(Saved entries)
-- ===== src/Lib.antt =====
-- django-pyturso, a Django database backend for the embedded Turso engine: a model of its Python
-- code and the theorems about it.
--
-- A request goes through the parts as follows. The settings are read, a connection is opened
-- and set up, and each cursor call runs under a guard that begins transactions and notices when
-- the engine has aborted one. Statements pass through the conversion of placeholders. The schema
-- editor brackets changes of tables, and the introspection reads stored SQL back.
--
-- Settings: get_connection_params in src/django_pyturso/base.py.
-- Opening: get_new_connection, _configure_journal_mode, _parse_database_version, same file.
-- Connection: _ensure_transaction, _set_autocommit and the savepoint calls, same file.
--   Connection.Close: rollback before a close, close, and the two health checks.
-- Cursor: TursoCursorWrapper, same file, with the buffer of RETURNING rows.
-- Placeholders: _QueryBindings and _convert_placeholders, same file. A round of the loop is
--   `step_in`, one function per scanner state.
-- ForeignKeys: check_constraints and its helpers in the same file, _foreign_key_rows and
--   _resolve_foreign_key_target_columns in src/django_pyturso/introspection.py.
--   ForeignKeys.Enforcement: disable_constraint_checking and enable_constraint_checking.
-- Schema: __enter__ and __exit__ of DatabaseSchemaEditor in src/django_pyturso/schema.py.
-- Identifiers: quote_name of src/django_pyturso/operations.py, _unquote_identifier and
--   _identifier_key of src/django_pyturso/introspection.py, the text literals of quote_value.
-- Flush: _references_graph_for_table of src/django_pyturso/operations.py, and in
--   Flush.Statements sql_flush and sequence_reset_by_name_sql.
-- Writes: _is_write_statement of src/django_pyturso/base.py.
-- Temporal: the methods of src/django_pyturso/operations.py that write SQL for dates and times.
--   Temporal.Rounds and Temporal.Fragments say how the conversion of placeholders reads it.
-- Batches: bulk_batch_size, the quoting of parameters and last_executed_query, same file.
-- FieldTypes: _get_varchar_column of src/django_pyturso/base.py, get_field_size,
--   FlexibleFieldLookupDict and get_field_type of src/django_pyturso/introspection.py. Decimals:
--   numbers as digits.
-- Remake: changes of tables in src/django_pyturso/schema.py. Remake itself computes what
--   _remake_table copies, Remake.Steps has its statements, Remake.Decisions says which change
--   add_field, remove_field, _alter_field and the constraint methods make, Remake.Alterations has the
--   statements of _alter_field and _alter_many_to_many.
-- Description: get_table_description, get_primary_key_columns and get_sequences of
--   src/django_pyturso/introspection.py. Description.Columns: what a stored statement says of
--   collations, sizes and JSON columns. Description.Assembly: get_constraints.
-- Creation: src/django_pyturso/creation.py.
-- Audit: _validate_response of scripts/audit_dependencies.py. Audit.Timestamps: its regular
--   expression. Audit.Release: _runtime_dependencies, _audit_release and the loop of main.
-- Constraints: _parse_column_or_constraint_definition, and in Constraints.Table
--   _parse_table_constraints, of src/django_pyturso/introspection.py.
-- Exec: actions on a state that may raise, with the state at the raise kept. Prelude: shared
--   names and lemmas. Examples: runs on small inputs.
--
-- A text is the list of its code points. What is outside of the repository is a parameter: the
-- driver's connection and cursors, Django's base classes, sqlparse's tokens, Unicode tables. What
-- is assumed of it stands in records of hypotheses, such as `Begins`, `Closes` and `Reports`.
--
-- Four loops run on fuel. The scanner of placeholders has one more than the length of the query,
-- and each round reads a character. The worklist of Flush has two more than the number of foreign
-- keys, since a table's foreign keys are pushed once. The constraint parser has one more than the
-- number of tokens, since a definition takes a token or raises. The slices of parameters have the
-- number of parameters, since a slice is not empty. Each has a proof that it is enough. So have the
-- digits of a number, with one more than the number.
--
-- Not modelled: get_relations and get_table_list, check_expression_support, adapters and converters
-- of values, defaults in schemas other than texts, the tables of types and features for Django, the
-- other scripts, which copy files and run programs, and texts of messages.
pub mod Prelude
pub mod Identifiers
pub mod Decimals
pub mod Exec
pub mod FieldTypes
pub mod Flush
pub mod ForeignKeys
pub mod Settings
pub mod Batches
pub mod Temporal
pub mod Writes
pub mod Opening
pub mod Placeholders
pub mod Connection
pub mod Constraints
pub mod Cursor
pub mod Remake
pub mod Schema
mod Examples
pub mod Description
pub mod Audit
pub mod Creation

==

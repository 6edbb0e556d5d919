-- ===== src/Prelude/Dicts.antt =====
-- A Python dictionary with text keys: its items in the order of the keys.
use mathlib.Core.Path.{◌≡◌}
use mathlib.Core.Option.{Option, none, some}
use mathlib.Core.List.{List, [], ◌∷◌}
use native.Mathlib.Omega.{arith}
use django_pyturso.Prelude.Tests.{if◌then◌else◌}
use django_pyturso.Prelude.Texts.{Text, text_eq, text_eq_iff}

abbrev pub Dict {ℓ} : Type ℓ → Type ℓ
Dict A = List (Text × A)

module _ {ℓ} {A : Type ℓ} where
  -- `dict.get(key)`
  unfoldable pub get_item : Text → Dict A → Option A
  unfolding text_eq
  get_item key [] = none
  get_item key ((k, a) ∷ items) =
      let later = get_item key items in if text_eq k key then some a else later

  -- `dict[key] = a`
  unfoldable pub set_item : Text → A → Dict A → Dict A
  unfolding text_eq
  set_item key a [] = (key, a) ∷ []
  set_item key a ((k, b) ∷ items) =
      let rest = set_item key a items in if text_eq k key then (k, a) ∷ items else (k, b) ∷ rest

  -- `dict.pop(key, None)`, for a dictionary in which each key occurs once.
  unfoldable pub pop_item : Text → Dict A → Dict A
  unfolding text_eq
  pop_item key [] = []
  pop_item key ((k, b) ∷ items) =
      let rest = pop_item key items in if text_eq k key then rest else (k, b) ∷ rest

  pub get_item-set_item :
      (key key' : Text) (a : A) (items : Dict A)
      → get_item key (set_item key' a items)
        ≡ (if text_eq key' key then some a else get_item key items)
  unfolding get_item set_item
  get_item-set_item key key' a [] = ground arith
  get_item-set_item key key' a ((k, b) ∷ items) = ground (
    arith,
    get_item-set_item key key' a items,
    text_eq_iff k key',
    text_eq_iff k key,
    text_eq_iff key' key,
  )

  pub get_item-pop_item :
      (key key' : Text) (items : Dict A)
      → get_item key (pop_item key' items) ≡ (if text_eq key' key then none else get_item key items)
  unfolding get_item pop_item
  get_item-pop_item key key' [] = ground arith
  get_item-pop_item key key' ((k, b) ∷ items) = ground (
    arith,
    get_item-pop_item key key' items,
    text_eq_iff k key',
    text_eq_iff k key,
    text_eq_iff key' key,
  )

What to produce:
Using the data above, transcribe the lines that run from the line with "pub mod Placeholders" to the line with "pub mod Creation", both ends kept, and output nothing else.

Task output:
pub mod Placeholders
pub mod Connection
pub mod Constraints
pub mod Cursor
pub mod Remake
pub mod Schema
mod Examples
pub mod Description
pub mod Audit
pub mod Creation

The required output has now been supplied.